ACTIVITY -
Write out, exactly as they stand, the line containing "read_loop-double_quotes s rest" and all subsequent lines up to and including the final line of the records.

Data items
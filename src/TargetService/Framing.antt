-- ===== src/TargetService/Framing.antt =====
-- target-service/dbclient/client.go: `SQLString`, and how server/dbms/internal/cli/cli.go reads it.
use tac_os.Base.{
  ℕ, ◌≡◌, refl, ap, ◌∙◌, sym, ◌==◌, true, false, Bool-cases, inl, inr, Bytes, [], ◌∷◌, ◌++◌,
  append_assoc,
}
use tac_os.Dbms.Cli.Reading.{
  InputEnd, ReadResult, statement, finished, read_failed, with_bytes, read_loop, read_statement,
}
use tac_os.Dbms.Lexer.{whitespace}
use tac_os.TargetService.SqlString.{double_quotes, sql_string}

with_bytes-append :
    (a b : Bytes) (r : ReadResult) → with_bytes a (with_bytes b r) ≡ with_bytes (a ++ b) r
unfolding with_bytes
with_bytes-append a b (statement source rest) =
    ap (λ xs. statement xs rest) (sym (append_assoc a b source))
with_bytes-append a b finished = refl
with_bytes-append a b read_failed = refl

module _ (e : InputEnd) where
  read_loop-plain :
      (x : ℕ) (tail : Bytes)
      → x == b'\'' ≡ false
      → read_loop e true true (x ∷ tail) ≡ with_bytes (x ∷ []) (read_loop e true true tail)
  unfolding read_loop
  read_loop-plain x [] h =
      rw h (elim (Bool-cases (x == b';')) [ inl k ↦ rw k refl | inr k ↦ rw k refl ])
  read_loop-plain x (d ∷ tail) h =
      rw h (elim (Bool-cases (x == b';')) [ inl k ↦ rw k refl | inr k ↦ rw k refl ])

  read_loop-opening :
      (tail : Bytes)
      → read_loop e false false (b'\'' ∷ tail)
        ≡ with_bytes (b'\'' ∷ []) (read_loop e true true tail)
  unfolding read_loop whitespace
  read_loop-opening [] = refl
  read_loop-opening (d ∷ tail) = refl

  read_loop-semicolon :
      (rest : Bytes) → read_loop e false true (b';' ∷ rest) ≡ statement (b';' ∷ []) rest
  unfolding read_loop
  read_loop-semicolon [] = refl
  read_loop-semicolon (d ∷ rest) = refl

  read_loop-doubled :
      (tail : Bytes)
      → read_loop e true true (b'\'' ∷ b'\'' ∷ tail)
        ≡ with_bytes (b'\'' ∷ b'\'' ∷ []) (read_loop e true true tail)
  unfolding read_loop
  read_loop-doubled tail = refl

  read_loop-closing :
      (rest : Bytes)
      → read_loop e true true (b'\'' ∷ b';' ∷ rest)
        ≡ with_bytes (b'\'' ∷ []) (read_loop e false true (b';' ∷ rest))
  unfolding read_loop
  read_loop-closing rest = refl

  read_loop-double_quotes :
      (s rest : Bytes)
      → read_loop e true true (double_quotes s ++ b'\'' ∷ b';' ∷ rest)
        ≡ with_bytes (double_quotes s ++ b'\'' ∷ []) (read_loop e false true (b';' ∷ rest))
  unfolding double_quotes
  read_loop-double_quotes [] rest = read_loop-closing rest
  read_loop-double_quotes (x ∷ xs) rest = elim (Bool-cases (x == b'\'')) [
    | inl h ↦ rw h (
        read_loop-doubled _
        ∙ ap (with_bytes (b'\'' ∷ b'\'' ∷ [])) (read_loop-double_quotes xs rest)
        ∙ with_bytes-append (b'\'' ∷ b'\'' ∷ []) (double_quotes xs ++ b'\'' ∷ []) _)
    | inr h ↦ rw h (
        read_loop-plain x _ h
        ∙ ap (with_bytes (x ∷ [])) (read_loop-double_quotes xs rest)
        ∙ with_bytes-append (x ∷ []) (double_quotes xs ++ b'\'' ∷ []) _)
  ]

  -- The text of `SQLString`, with a semicolon behind it at the start of the input, is what
  -- `readStatement` reads, whatever the text holds: a semicolon or a quote in it ends nothing.
  pub read_statement-sql_string :
      (s rest : Bytes)
      → read_statement e (sql_string s ++ b';' ∷ rest) ≡ statement (sql_string s ++ b';' ∷ []) rest
  unfolding read_statement sql_string with_bytes
  read_statement-sql_string s rest =
      rw (append_assoc (double_quotes s) (b'\'' ∷ []) (b';' ∷ rest)) (
        read_loop-opening (double_quotes s ++ b'\'' ∷ b';' ∷ rest)
        ∙ ap (with_bytes (b'\'' ∷ [])) (
            read_loop-double_quotes s rest
            ∙ ap (with_bytes (double_quotes s ++ b'\'' ∷ [])) (read_loop-semicolon rest)))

TASK OUTPUT -
            read_loop-double_quotes s rest
            ∙ ap (with_bytes (double_quotes s ++ b'\'' ∷ [])) (read_loop-semicolon rest)))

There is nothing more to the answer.